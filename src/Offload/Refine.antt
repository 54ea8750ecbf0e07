-- ===== src/Offload/Refine.antt =====
-- Sequences of operations on the queues of kernel/offload/offload_channel.c, and on lists.
use azalea.Prelude.{
  ℕ, zero, suc, ◌+◌, ◌-◌, ◌≤◌, ◌≡◌, refl, ap, ◌∙◌, true, false, Option, none, some, List, [], ◌∷◌,
  ◌++◌, Bool-cases, inl, inr, leb, ◌==◌, ==_iff, if◌then◌else◌, arith,
}
use azalea.Prelude.Spans.{span, span-none}
use azalea.Offload.Channel.{
  Queue, cq_avail_data, cq_free_space, cq_add_data, cq_remove_data, cq_is_empty,
}
use azalea.Offload.Fifo.{
  IsQueue, count, slot, elements, added, taken, added-IsQueue, taken-IsQueue, added-elements,
  taken-elements, cq_avail_data-count, cq_free_space-count,
}

-- A bounded queue, and what a user does with it: none is an operation that waits.
pub data Op {ℓ} (A : Type ℓ) : Type ℓ where
  add : A → Op A
  remove : Op A

abbrev pub length {ℓ} : {A : Type ℓ} → List A → ℕ
length [] = 0
length (x ∷ l) = suc (length l)

-- The elements that the removals give, in their order, when no operation has to wait.
unfoldable pub run {ℓ} : {A : Type ℓ} → List (Op A) → Queue A → Option (List A)
run [] q = some []
run (add x ∷ ops) q = elim (cq_add_data q x) [ none ↦ none | some q' ↦ run ops q' ]
run (remove ∷ ops) q = elim (cq_remove_data q) [
  | none ↦ none
  | some r ↦ elim (run ops r.1) [ none ↦ none | some l ↦ some (r.0 ∷ l) ]
]

unfoldable pub run_list {ℓ} : {A : Type ℓ} → ℕ → List (Op A) → List A → Option (List A)
run_list room [] l = some []
run_list room (add x ∷ ops) l =
    if leb room (length l) then none else run_list room ops (l ++ x ∷ [])
run_list room (remove ∷ ops) [] = none
run_list room (remove ∷ ops) (x ∷ l) = elim (run_list room ops l) [
  | none ↦ none
  | some k ↦ some (x ∷ k)
]

length-span {ℓ} : {A : Type ℓ} (f : ℕ → A) (a n : ℕ) → length (span f a n) ≡ n
unfolding span
length-span f a zero = refl
length-span f a (suc n) = omega (arith, length-span f (a + 1) n)

pub length-elements {ℓ} : {A : Type ℓ} (q : Queue A) → length (elements q) ≡ count q
unfolding elements
length-elements q = length-span (slot q.slots q.size) q.tail (count q)

add-cases {ℓ} :
    {A : Type ℓ} (q : Queue A) (x : A)
    → IsQueue q
    → cq_add_data q x ≡ (if leb (q.size - 1) (length (elements q)) then none else some (added q x))
unfolding cq_add_data added
add-cases q x i =
    let free = cq_free_space-count q i in
    elim (Bool-cases (leb (q.size - 1) (count q))) [
      | inl e ↦
          let z : cq_free_space q == 0 ≡ true = ground (arith, free) in
          rw (length-elements q) (rw e (rw z refl))
      | inr e ↦
          let z : cq_free_space q == 0 ≡ false = ground (arith, free) in
          rw (length-elements q) (rw e (rw z refl))
    ]

remove-some {ℓ} :
    {A : Type ℓ} (q : Queue A)
    → IsQueue q
    → 1 ≤ count q
    → cq_remove_data q ≡ some (q.slots q.tail, taken q)
unfolding cq_remove_data taken
remove-some q i held =
    let z : cq_avail_data q == 0 ≡ false = ground (arith, cq_avail_data-count q i) in rw z refl

remove-none {ℓ} : {A : Type ℓ} (q : Queue A) → IsQueue q → count q ≡ 0 → cq_remove_data q ≡ none
unfolding cq_remove_data
remove-none q i empty =
    let z : cq_avail_data q == 0 ≡ true = ground (arith, cq_avail_data-count q i) in rw z refl

pub elements-none {ℓ} : {A : Type ℓ} (q : Queue A) → count q ≡ 0 → elements q ≡ []
unfolding elements
elements-none q empty =
    ap (span (slot q.slots q.size) q.tail) empty ∙ span-none (slot q.slots q.size) q.tail

added-size {ℓ} : {A : Type ℓ} (q : Queue A) (x : A) → (added q x).size ≡ q.size
unfolding added
added-size q x = refl

taken-size {ℓ} : {A : Type ℓ} (q : Queue A) → (taken q).size ≡ q.size
unfolding taken
taken-size q = refl

-- For a queue whose size is a power of two of at most 2^30 and whose ends are in the array, any
-- sequence of `cq_add_data` and `cq_remove_data` gives what the same sequence gives on a list of
-- at most one element less than the size: the same elements in the same order, and a wait for the
-- same operation when the list is full or empty.
pub run-run_list {ℓ} :
    {A : Type ℓ} (ops : List (Op A)) (q : Queue A)
    → IsQueue q
    → run ops q ≡ run_list (q.size - 1) ops (elements q)
unfolding run run_list
run-run_list [] q i = refl
run-run_list (add x ∷ ops) q i =
    rw (add-cases q x i, run)
      (elim (Bool-cases (leb (q.size - 1) (length (elements q)))) [
        | inl e ↦ rw e refl
        | inr e ↦ rw e (
            run-run_list ops (added q x) (added-IsQueue q x i)
            ∙ ap (λ n. run_list (n - 1) ops (elements (added q x))) (added-size q x)
            ∙ ap (run_list (q.size - 1) ops)
                (added-elements q x i (ground (arith, length-elements q))))
      ])
run-run_list (remove ∷ ops) q i = elim (Bool-cases (count q == 0)) [
  | inl e ↦
      let empty = (==_iff (count q) 0).0 e in
      rw (remove-none q i empty, run) (rw (elements-none q empty, run_list) refl)
  | inr e ↦
      let held : 1 ≤ count q = ground arith in
      rw (remove-some q i held, run)
        (rw (taken-elements q i held, run_list)
          (ap (λ o. elim o [ none ↦ none | some l ↦ some (q.slots q.tail ∷ l) ])
            (run-run_list ops (taken q) (taken-IsQueue q i)
              ∙ ap (λ n. run_list (n - 1) ops (elements (taken q))) (taken-size q))))
]

-- In such a queue `cq_avail_data` is the number of elements, `cq_free_space` is what is left of
-- one less than the size, and `cq_is_empty` tells whether there is no element.
pub cq_avail_data_lem {ℓ} :
    {A : Type ℓ} (q : Queue A)
    → IsQueue q
    → (cq_avail_data q ≡ length (elements q))
      × (cq_free_space q ≡ q.size - 1 - length (elements q))
      × (cq_is_empty q ≡ (length (elements q) == 0))
unfolding cq_is_empty
cq_avail_data_lem q i =
    rw (length-elements q)
      (cq_avail_data-count q i, cq_free_space-count q i, ground (arith, i.head, i.tail))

════════════════

PROBLEM TO WORK ON:
Up to and including the line that contains "-- The elements", output the records above exactly, beginning with their first line.

TASK RESPONSE:
filename src/Offload/Refine.antt
repository 54ea8750ecbf0e07
-- ===== src/Offload/Refine.antt =====
-- Sequences of operations on the queues of kernel/offload/offload_channel.c, and on lists.
use azalea.Prelude.{
  ℕ, zero, suc, ◌+◌, ◌-◌, ◌≤◌, ◌≡◌, refl, ap, ◌∙◌, true, false, Option, none, some, List, [], ◌∷◌,
  ◌++◌, Bool-cases, inl, inr, leb, ◌==◌, ==_iff, if◌then◌else◌, arith,
}
use azalea.Prelude.Spans.{span, span-none}
use azalea.Offload.Channel.{
  Queue, cq_avail_data, cq_free_space, cq_add_data, cq_remove_data, cq_is_empty,
}
use azalea.Offload.Fifo.{
  IsQueue, count, slot, elements, added, taken, added-IsQueue, taken-IsQueue, added-elements,
  taken-elements, cq_avail_data-count, cq_free_space-count,
}

-- A bounded queue, and what a user does with it: none is an operation that waits.
pub data Op {ℓ} (A : Type ℓ) : Type ℓ where
  add : A → Op A
  remove : Op A

abbrev pub length {ℓ} : {A : Type ℓ} → List A → ℕ
length [] = 0
length (x ∷ l) = suc (length l)

-- The elements that the removals give, in their order, when no operation has to wait.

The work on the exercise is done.